Les lettres de Jean sont longues, et il s'excuse de leur longueur. Réjouissons-nous de ce qu'il regrettait : sans elles nous ne saurions pas quel il fut. Son œuvre est peu importante et ne le reflète qu'imparfaitement. Seules, toutes ces lettres le font revivre avec nous.
On y trouve l'analyse de ses lectures, de quelques-uns de ses projets. Ce qu'il fera, ce qu'il écrira, plus tard... ce qu'il n'écrira jamais. Il étudiera la technique musicale. « On ne comprend inté­gralement un art que lorsqu'on en connaît le métier. » Il entre­prendra, « dans bien des années peut-être, une Histoire des Peuples, comme on n'en a jamais fait : une histoire qui dirait la vérité et qui montrerait le Calvaire de l'Homme, de façon à l'empêcher de se laisser reprendre sans cesse à de menteuses fois politiques ». Il lit et relit Pascal, Vigny qu'il sait par cœur, Platon, Spinoza, « large mais rude », Romain Rolland, André Spire. Il découvre les poèmes de Tagore. Un mois avant de mourir, il est plongé dans les poètes anglais.
On y trouve aussi des confidences, des pensées, des raisonne­ments que tout être de bon vouloir devrait méditer. Avec cela, une pudeur sans exemple. Crainte d'exprimer trop, de paraître divaguer, d'analyser en vain ; crainte de n'exprimer pas assez, de sembler froid, de tromper la confiance. La fin des lettres est brève, sans recherche, sans émotion. « Tout à vous. » « Au revoir. » « Je te serre la main. » Mais la poignée de main est franche, forte et douce.
Pour chaque ami, c'est une attention particulière, un juge­ment précieux, un hymne de l'affection. Ils le savent bien, Romain Rolland, Martinet, Desprès, Dupin, Masson, Debrit, qui ont perdu avec Jean de Saint-Prix le plus sincère et le plus fougueux des défenseurs.
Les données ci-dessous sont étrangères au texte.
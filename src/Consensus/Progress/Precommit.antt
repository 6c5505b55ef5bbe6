-- ===== src/Consensus/Progress/Precommit.antt =====
-- consensus/consensus_state.go: `enterPrecommit`, `enterPrecommitWait` and the invariant, and what a
-- precommit rests on.
use go_minimal_pbft.Prelude.{
  ◌≡◌, refl, true, false, Option, none, some, ◌==◌, Bool-cases, ◌⊎◌, inl, inr, arith,
}
use go_minimal_pbft.Prelude.Int.{ℤ, negsuc, ltb_ℤ}
use go_minimal_pbft.Messages.{Hash, zero_hash, precommit_type}
use go_minimal_pbft.Interfaces.{Env}
use go_minimal_pbft.Consensus.Monad.{final}
use go_minimal_pbft.Consensus.State.{State}
use go_minimal_pbft.Consensus.Signing.{sign_add_vote}
use go_minimal_pbft.Consensus.Signing.Frame.{Signs, sign_add_vote-Signs}
use go_minimal_pbft.Consensus.Precommit.{
  lock_proposal_block, precommit_block, precommit_nil, precommit_polka, do_precommit,
}
use go_minimal_pbft.Consensus.Invariant.{Inv, Paired}

module _ (e : Env) where
  -- The lock is as it was, or this round's prevotes have +2/3 for a hash, and either the lock is
  -- released and was not for that hash, or a block with that hash is locked in this round.
  abbrev pub LockMoves : ℤ → State e → State e → Type 0
  LockMoves round s mid =
      ((mid.locked_block ≡ s.locked_block) × (mid.locked_round ≡ s.locked_round))
      ⊎ ((h : Hash) × (e.two_thirds_majority (e.prevotes s.votes round) ≡ some h)
          × (((h ≡ zero_hash) ⊎ (e.hash_to s.locked_block h ≡ false))
              ⊎ ((e.hash_to mid.locked_block h ≡ true) × (mid.locked_round ≡ round))))

  -- The body of `enterPrecommit` changed the lock at most, giving `mid`, and then signed at most
  -- one precommit: for nil, or for a block that has +2/3 of this round's prevotes, after locking
  -- that block in this round.
  pub record Precommits (round : ℤ) (s t : State e) : Type 0 where
    pub mid : State e
    pub only_lock : mid ≡ (record s {
      rs = record s.rs { locked_round = mid.locked_round; locked_block = mid.locked_block };
    })
    pub block_id : Hash
    pub signs : Signs e precommit_type block_id mid t
    pub mid_inv : Inv e mid
    pub height_same : mid.height ≡ s.height
    pub round_same : mid.round ≡ s.round
    pub step_same : mid.step ≡ s.step
    pub chain_same : mid.chain_state ≡ s.chain_state
    pub votes_same : mid.votes ≡ s.votes
    pub queue_same : mid.internal_msg_queue ≡ s.internal_msg_queue
    pub lock_moves : LockMoves round s mid
    pub justified :
        (block_id ≡ zero_hash)
        ⊎ ((e.two_thirds_majority (e.prevotes s.votes round) ≡ some block_id)
            × (e.hash_to mid.locked_block block_id ≡ true)
            × (mid.locked_round ≡ round))

  -- A block that matches a hash is there, so its lock is paired with a round.
  pub Paired-hash_to :
      (b : Option e.Block) (h : Hash) (x r : ℤ)
      → e.hash_to b h ≡ true
      → (Paired (some h) x r)
      → Paired b x r
  Paired-hash_to none h x r m p = cc (e.hash_to-nil h)
  Paired-hash_to (some b) h x r m p = p

  module _ (round : ℤ) (s : State e) (inv : Inv e s) (same : round ≡ s.round) where
    abbrev relock : ℤ → Option e.Block → State e
    relock x b = record s { rs = record s.rs { locked_round = x; locked_block = b } }

    at :
        (x : ℤ) (b : Option e.Block) (h : Hash)
        → Paired b x s.round
        → (h ≡ zero_hash)
          ⊎ ((e.two_thirds_majority (e.prevotes s.votes round) ≡ some h)
              × (e.hash_to b h ≡ true)
              × (x ≡ round))
        → LockMoves round s (relock x b)
        → Precommits round s (final (sign_add_vote e precommit_type h (relock x b)))
    at x b h p j moves = record {
      mid = relock x b;
      only_lock = refl;
      block_id = h;
      signs = sign_add_vote-Signs e precommit_type h (relock x b);
      mid_inv = ground (arith, inv, p);
      height_same = refl;
      round_same = refl;
      step_same = refl;
      chain_same = refl;
      votes_same = refl;
      queue_same = refl;
      lock_moves = moves;
      justified = j;
    }

    nil_at : Precommits round s (final (sign_add_vote e precommit_type zero_hash s))
    nil_at =
        at s.locked_round s.locked_block zero_hash inv.lock_paired (inl refl) (inl (refl, refl))

    -- A call that stops before it signs.
    stopped : Precommits round s s
    stopped = record {
      mid = s;
      only_lock = refl;
      block_id = zero_hash;
      signs = record {
        same_rs = refl;
        same_chain = refl;
        same_ticks = refl;
        same_store = refl;
        same_rest = (refl, refl, refl, refl, refl);
        sent = inl refl;
      };
      mid_inv = inv;
      height_same = refl;
      round_same = refl;
      step_same = refl;
      chain_same = refl;
      votes_same = refl;
      queue_same = refl;
      lock_moves = inl (refl, refl);
      justified = inl refl;
    }

    here : (b : Option e.Block) (h : Hash) → e.hash_to b h ≡ true → Paired b round s.round
    here b h m = Paired-hash_to b h round s.round m (ground (arith, inv))

    lock_proposal_block-Precommits :
        (h : Hash) (b : Option e.Block)
        → e.two_thirds_majority (e.prevotes s.votes round) ≡ some h
        → e.hash_to b h ≡ true
        → Precommits round s (final (lock_proposal_block e round h b s))
    unfolding lock_proposal_block
    lock_proposal_block-Precommits h none polka m = stopped
    lock_proposal_block-Precommits h (some b) polka m =
        elim (Bool-cases (e.validate s.chain_state b)) [
          | inl valid ↦ rw valid (
              at round (some b) h (here (some b) h m) (inr (polka, m, refl))
                (inr (h, polka, inr (m, refl))))
          | inr invalid ↦ rw invalid stopped
        ]

    precommit_block-Precommits :
        (h : Hash)
        → e.two_thirds_majority (e.prevotes s.votes round) ≡ some h
        → Precommits round s (final (precommit_block e round h s))
    unfolding precommit_block
    precommit_block-Precommits h polka = elim (Bool-cases (e.hash_to s.locked_block h)) [
      | inl m ↦ rw m (
          at round s.locked_block h (here s.locked_block h m) (inr (polka, m, refl))
            (inr (h, polka, inr (m, refl))))
      | inr m ↦ rw m (elim (Bool-cases (e.hash_to s.proposal_block h)) [
        | inl p ↦ rw p (lock_proposal_block-Precommits h s.proposal_block polka p)
        | inr p ↦ rw p (at (negsuc 0) none zero_hash refl (inl refl) (inr (h, polka, inl (inr m))))
      ])
    ]

    precommit_nil-Precommits :
        (h : Hash) (b : Option e.Block)
        → e.two_thirds_majority (e.prevotes s.votes round) ≡ some h
        → h ≡ zero_hash
        → Precommits round s (final (precommit_nil e b s))
    unfolding precommit_nil
    precommit_nil-Precommits h none polka nil = nil_at
    precommit_nil-Precommits h (some b) polka nil =
        at (negsuc 0) none zero_hash refl (inl refl) (inr (h, polka, inl (inl nil)))

    precommit_polka-Precommits :
        (o : Option Hash)
        → e.two_thirds_majority (e.prevotes s.votes round) ≡ o
        → Precommits round s (final (precommit_polka e round o s))
    unfolding precommit_polka
    precommit_polka-Precommits none polka = nil_at
    precommit_polka-Precommits (some h) polka =
        elim (Bool-cases (ltb_ℤ (e.pol_round s.votes) round)) [
          | inl behind ↦ rw behind stopped
          | inr ahead ↦ rw ahead (elim (Bool-cases (h == zero_hash)) [
            | inl nil ↦
                rw nil (precommit_nil-Precommits h s.locked_block polka (ground (arith, nil)))
            | inr block ↦ rw block (precommit_block-Precommits h polka)
          ])
        ]

    -- In a state with the invariant and at its round, the body of `enterPrecommit` changes the
    -- lock at most, and then signs at most one precommit and changes nothing else but the clock's
    -- count. The precommit is for nil, or for a block that has +2/3
    -- of this round's prevotes and that it has locked in this round. It releases the lock only
    -- where +2/3 of this round's prevotes are for nil or another block.
    pub do_precommit-Precommits : Precommits round s (final (do_precommit e round s))
    unfolding do_precommit
    do_precommit-Precommits = precommit_polka-Precommits _ refl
Quelle définition de Romain Rolland vau­dra celle-ci « Vous avez le malheur béni de ne parler qu'aux âmes et d'être inapte aux pantomimes qui se jouent sur nos tréteaux ?» Quelle critique d'Empédocle d' Agrigente atteindrait à la valeur d'une des lettres adressées à Rolland et qui formerait une surpre­nante préface ? Et mille autres choses...
« Pourquoi a-t-on des corps ? » demandait Jean de Saint-Prix. Un soir d'hiver, au sortir d'une réunion, Jean et son frère furent saisis par le froid et la neige. La fièvre les prit. Jean résista, et dut pourtant se coucher. Il écrivit à un ami une petite lettre. Ce fut la dernière : « Pierre a la grippe. Moi, simple rhume ; pas raison de s'en faire. Jean. » Il reprenait courage. Débarrassé depuis quelques mois du souci abominable de la guerre, il avait entrepris de nouvelles tâches. Quelques jours plus tard, il était mort.